Everything wrong with Nihilism

I have been thinking of writing about this topic for a long time, but have unfortunately never been able to put pen to paper because my own thoughts and opinions were not concrete – they were like freshly kneaded dough, and it’s only in the last month or so that I have been able to bake them into a proverbial cookie.

Truth be told, there has never been a better time to identify as a Nihilist.
Nihilism comes from the Latin nihil, or nothing. It is the belief that values are falsely invented. The term ‘nihilism’ can also be used to describe the idea that life, or the world, has no distinct meaning or purpose”

In other words, Nihilism is the belief that nothing you do matters.
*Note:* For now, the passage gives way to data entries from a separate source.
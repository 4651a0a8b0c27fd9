-- ===== src/Tracker/Tests.antt =====
-- Examples for internal/tracker/tracker.go: one user, whose report is refused and sent again.
use xboard_node_win.Common.{
  ℤ, pos, ◌+ℤ◌, ◌-ℤ◌, Text, bytes, lookup, IsMap, InRange, int_key, text_key, sort, insert_sorted,
  ltb_ℤ, List, [], ◌∷◌, some, none, true, ◌≡◌, ◌≢◌, refl, arith,
}
use xboard_node_win.Tracker.{
  Tracker, new, Traffic, AliveIps, traffic_of, process, restore_alive_ips, calc_alive_ips_hash,
  flush_alive_ips, hash_input, uid_bytes, concat_all, keys,
}
use xboard_node_win.Tracker.Totals.{Fits}
use xboard_node_win.Tracker.Charges.{pick, growth, Counter}
use xboard_node_win.Tracker.Ledger.{
  Ledger, Op, processed, pushed, accepts, refuses, run, IsSound, AllReports, charged_total, used,
  seen, accepted_total,
}
use xboard_node_win.Tracker.Ledger.Conserve.{run-conserves}
use xboard_node_win.Tracker.Devices.{flush-restore_alive_ips}

abbrev first : Traffic
first = (pos 7, (pos 100, pos 50)) ∷ []

abbrev second : Traffic
second = (pos 7, (pos 130, pos 50)) ∷ []

abbrev ops : List Op
ops =
    processed first [] (pos 1)
    ∷ pushed
    ∷ processed second [] (pos 1)
    ∷ refuses
    ∷ pushed
    ∷ accepts
    ∷ []

abbrev start : Ledger
start = record { tracker = new; in_flight = none; accepted = [] }

start-IsSound : IsSound (pos 7) true start
unfolding lookup accepted_total
start-IsSound = record {
  flight_map = tt;
  pending_map = tt;
  accepted_nonneg = ground arith;
  flying_nonneg = ground arith;
  pending_nonneg = ground arith;
  seen_up = ground arith;
  seen_down = ground arith;
}

counters :
    (d : ℤ × ℤ) (uid : ℤ) (c : ℤ × ℤ)
    → Counter d.0
    → Counter d.1
    → lookup uid ((pos 7, d) ∷ []) ≡ some c
    → Counter c.0 × Counter c.1
unfolding lookup
counters d uid c h k e = ground (arith, h, k, e)

first_report :
    IsMap first × ((uid : ℤ) (c : ℤ × ℤ) → lookup uid first ≡ some c → Counter c.0 × Counter c.1)
unfolding lookup
first_report =
    ((refl, tt), λ uid c e. counters (pos 100, pos 50) uid c (ground arith) (ground arith) e)

second_report :
    IsMap second × ((uid : ℤ) (c : ℤ × ℤ) → lookup uid second ≡ some c → Counter c.0 × Counter c.1)
unfolding lookup
second_report =
    ((refl, tt), λ uid c e. counters (pos 130, pos 50) uid c (ground arith) (ground arith) e)

reports : AllReports ops
reports = (first_report, (tt, (second_report, (tt, (tt, (tt, tt))))))

fits : Fits (charged_total (pos 7) true start +ℤ used (pos 7) true ops (seen (pos 7) true start))
unfolding used lookup accepted_total ◌+ℤ◌ ◌-ℤ◌
fits = ground arith

run-conserves_example :
    charged_total (pos 7) true (run ops start)
    ≡ charged_total (pos 7) true start +ℤ used (pos 7) true ops (seen (pos 7) true start)
run-conserves_example = run-conserves (pos 7) true ops start start-IsSound reports fits

known : lookup (pos 7) first ≡ some (pos 100, pos 50)
unfolding lookup
known = refl

first-IsMap : IsMap first
unfolding lookup
first-IsMap = (refl, tt)

none_seen :
    Counter (traffic_of (pos 7) new.last_seen).0 × Counter (traffic_of (pos 7) new.last_seen).1
unfolding lookup
none_seen = (ground arith, ground arith)

in_range : InRange (
    pick true (traffic_of (pos 7) new.pending_traffic)
    +ℤ growth (pos 100) (pick true (traffic_of (pos 7) new.last_seen)))
unfolding lookup ◌+ℤ◌ ◌-ℤ◌
in_range = ground arith

abbrev seen_ips : AliveIps
seen_ips = (pos 7, (bytes "1.1.1.1", true) ∷ (bytes "12.2.2.2", true) ∷ []) ∷ []

abbrev other_ips : AliveIps
other_ips = (pos 7, (bytes "1.1.1.11", true) ∷ (bytes "2.2.2.2", true) ∷ []) ∷ []

abbrev same : Text → Text
same x = x

abbrev tracker : Tracker
tracker = record new { live = record (new.live) { alive_ips = seen_ips } }

ips-IsMap : IsMap seen_ips
unfolding lookup
ips-IsMap = (refl, tt)

changed : calc_alive_ips_hash same tracker.live.alive_ips ≢ tracker.last_alive_ips_hash
unfolding calc_alive_ips_hash hash_input uid_bytes sort insert_sorted lookup concat_all
changed = λ e. cc

flush-restore_alive_ips_example :
    let t' =
      restore_alive_ips ((pos 7, bytes "1.1.1.1" ∷ []) ∷ []) (flush_alive_ips same tracker).1 in
    ((flush_alive_ips same t').0 ≡ none)
    × ((flush_alive_ips same (process t' first tracker.live.alive_ips (pos 1))).0 ≡ none)
flush-restore_alive_ips_example =
    flush-restore_alive_ips same tracker ((pos 7, bytes "1.1.1.1" ∷ []) ∷ []) first (pos 1)

collide :
    hash_input seen_ips (sort ltb_ℤ (keys seen_ips))
    ≡ hash_input other_ips (sort ltb_ℤ (keys other_ips))
unfolding hash_input sort uid_bytes lookup concat_all insert_sorted
collide = refl
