-- ===== src/Validation.antt =====
-- internal/model: the checks of a node's description before a kernel is given it (validate.go and the
-- files it calls). Texts are ASCII here; an error is a value without its text.
pub mod Transport
pub mod Tags
pub mod Outbounds
pub mod Routes
pub mod Spec
mod Tests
Mainstream media has made a lot of Nihilistic characters popular (and, to their credit, relatable to a certain degree), like this guy


Rick Sanchez (from Rick and Morty) is one of the reasons why I am writing this blog post in the first place. He is Beth’s insanely clever father, whose blatant disregard for rules and social order is matched only by his capacity to drink endless amounts of alcohol. The ability to move through infinite realities has given Rick cynicism in huge doses, so much so that he does not consider anything to be worth his attention (not even his relationship with his family) because it is happening in “infinite other timelines”. At least that is the part of Rick that the show portrays, but more about him later.


Aah – good old Tyler Durden! Fight Club is one of the cult movies of our generation, particularly because of the strong message it sends out – “It’s only after we’ve lost everything that we’re free to do anything”. Delivered in Brad Pitt’s standard nonchalant dialogue delivery style, the message has been ingrained in the minds of thousands of young people, who feel that giving up everything is the way to be “free”.

There are others too, such as Joker from Nolan’s The Dark Knight (Some men just want to watch the world burn) and Agent Smith from the Matrix trilogy (Purpose of life is to end) who have very strongly emphasized the pointlessness of life on the big screen.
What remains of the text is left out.